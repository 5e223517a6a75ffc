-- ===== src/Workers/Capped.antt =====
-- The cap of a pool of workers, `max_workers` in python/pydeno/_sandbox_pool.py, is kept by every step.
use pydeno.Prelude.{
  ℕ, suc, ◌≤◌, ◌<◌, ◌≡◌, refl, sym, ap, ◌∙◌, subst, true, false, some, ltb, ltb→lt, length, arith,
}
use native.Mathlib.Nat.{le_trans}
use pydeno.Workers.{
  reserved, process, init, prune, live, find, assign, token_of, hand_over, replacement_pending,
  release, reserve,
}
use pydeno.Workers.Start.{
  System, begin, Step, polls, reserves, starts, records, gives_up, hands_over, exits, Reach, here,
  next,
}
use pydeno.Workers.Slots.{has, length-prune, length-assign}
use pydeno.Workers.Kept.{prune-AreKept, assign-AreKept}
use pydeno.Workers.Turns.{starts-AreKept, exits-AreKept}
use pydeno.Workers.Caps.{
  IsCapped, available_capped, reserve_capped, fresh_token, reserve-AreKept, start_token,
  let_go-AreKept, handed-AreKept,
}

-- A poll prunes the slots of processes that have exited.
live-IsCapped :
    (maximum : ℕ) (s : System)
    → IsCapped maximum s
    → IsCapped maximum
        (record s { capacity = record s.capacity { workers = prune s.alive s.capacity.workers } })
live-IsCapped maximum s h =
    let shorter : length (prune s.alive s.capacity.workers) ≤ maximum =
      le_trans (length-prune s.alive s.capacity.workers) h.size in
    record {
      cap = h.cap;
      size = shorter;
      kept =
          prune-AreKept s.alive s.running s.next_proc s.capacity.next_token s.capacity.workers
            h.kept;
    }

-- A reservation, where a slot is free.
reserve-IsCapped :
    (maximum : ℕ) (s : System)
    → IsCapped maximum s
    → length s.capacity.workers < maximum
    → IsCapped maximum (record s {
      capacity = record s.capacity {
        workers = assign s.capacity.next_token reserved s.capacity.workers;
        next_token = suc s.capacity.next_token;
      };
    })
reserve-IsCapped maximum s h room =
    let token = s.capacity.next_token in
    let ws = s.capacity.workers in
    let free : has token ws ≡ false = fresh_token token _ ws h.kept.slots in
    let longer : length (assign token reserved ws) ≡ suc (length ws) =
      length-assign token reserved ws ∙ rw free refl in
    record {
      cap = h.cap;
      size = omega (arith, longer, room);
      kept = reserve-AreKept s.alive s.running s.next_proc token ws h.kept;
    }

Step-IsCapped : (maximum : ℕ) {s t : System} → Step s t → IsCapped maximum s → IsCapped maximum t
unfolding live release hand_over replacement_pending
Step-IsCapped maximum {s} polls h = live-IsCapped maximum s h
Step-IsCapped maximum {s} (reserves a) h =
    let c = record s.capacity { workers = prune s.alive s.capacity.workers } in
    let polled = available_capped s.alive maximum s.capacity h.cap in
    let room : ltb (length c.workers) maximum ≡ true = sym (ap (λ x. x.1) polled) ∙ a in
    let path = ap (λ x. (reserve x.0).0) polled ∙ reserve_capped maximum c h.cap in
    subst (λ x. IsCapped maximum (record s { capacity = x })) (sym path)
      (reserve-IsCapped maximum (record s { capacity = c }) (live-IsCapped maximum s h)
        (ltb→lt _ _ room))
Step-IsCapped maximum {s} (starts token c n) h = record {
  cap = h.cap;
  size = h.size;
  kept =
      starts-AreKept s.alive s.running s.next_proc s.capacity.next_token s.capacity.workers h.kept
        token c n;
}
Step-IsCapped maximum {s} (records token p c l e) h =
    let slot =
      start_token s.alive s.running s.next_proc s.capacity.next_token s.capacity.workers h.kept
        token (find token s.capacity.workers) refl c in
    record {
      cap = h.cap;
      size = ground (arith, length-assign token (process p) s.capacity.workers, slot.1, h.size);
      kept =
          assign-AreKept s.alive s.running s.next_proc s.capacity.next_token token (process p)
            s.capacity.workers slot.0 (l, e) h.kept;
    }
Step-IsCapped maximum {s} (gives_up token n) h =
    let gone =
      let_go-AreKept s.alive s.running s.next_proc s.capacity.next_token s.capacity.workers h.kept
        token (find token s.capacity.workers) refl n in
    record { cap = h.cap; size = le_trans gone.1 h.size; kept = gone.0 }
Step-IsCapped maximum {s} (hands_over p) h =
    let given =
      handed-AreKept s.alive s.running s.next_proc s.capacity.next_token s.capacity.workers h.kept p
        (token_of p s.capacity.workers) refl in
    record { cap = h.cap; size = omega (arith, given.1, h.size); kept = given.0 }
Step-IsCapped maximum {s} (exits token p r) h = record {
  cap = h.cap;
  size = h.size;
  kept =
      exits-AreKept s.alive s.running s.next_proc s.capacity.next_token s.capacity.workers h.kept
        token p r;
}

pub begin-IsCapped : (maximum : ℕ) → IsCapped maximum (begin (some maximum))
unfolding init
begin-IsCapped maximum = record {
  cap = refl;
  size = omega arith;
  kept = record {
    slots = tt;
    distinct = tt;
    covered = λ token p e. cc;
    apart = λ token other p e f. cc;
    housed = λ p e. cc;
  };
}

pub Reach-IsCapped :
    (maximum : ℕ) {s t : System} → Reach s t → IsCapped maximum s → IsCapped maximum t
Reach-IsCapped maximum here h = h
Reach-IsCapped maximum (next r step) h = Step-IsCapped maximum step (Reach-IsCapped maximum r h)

* * *

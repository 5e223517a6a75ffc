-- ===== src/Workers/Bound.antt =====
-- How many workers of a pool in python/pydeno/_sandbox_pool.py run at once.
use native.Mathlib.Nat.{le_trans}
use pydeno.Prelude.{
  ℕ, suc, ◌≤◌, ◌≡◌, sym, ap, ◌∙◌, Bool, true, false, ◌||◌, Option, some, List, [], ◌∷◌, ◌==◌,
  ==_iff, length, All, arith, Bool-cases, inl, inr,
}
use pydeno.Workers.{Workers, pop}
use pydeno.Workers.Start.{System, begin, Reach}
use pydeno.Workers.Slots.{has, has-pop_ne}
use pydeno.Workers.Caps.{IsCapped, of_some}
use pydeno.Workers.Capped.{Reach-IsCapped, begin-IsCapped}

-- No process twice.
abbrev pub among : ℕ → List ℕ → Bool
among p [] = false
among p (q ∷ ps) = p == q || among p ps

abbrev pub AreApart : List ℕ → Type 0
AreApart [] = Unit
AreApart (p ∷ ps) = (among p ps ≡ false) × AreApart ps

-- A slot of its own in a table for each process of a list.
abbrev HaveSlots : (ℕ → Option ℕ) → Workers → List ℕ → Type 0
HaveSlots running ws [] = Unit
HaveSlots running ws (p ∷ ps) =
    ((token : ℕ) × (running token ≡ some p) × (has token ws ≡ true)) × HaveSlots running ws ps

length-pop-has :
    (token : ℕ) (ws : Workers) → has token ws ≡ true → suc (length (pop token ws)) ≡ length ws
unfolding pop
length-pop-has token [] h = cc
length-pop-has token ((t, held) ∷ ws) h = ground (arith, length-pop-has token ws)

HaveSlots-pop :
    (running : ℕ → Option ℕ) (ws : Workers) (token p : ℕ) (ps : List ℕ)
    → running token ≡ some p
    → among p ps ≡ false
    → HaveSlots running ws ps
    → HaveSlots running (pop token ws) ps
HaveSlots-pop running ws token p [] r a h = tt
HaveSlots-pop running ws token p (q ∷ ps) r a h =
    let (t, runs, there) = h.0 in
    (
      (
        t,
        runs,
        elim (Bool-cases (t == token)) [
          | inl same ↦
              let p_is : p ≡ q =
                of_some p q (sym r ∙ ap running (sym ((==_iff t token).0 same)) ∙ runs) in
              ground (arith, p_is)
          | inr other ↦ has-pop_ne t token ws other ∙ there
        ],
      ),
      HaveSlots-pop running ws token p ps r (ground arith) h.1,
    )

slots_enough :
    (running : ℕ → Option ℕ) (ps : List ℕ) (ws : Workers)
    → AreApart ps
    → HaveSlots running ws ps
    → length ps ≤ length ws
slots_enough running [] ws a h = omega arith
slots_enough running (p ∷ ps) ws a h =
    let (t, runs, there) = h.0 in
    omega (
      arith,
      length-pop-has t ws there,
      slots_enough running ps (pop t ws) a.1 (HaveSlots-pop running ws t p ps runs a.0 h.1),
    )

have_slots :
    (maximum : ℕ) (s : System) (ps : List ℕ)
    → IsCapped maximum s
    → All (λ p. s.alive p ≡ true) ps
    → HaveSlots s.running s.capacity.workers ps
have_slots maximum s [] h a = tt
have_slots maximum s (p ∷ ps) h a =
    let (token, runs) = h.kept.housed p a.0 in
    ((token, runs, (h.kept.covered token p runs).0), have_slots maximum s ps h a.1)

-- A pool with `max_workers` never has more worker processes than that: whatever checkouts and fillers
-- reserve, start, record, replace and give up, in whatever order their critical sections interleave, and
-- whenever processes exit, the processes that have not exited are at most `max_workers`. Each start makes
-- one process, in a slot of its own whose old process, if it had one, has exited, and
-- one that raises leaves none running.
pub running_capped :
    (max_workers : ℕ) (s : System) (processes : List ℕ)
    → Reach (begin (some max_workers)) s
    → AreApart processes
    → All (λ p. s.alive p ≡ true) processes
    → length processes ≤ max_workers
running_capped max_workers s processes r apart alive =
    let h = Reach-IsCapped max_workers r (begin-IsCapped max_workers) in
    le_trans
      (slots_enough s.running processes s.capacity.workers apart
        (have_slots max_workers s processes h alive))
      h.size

▶ _Your goal_
Using the entries above, give the number of lines that include "polls", with no added words.

▶ _Solved exercise_
2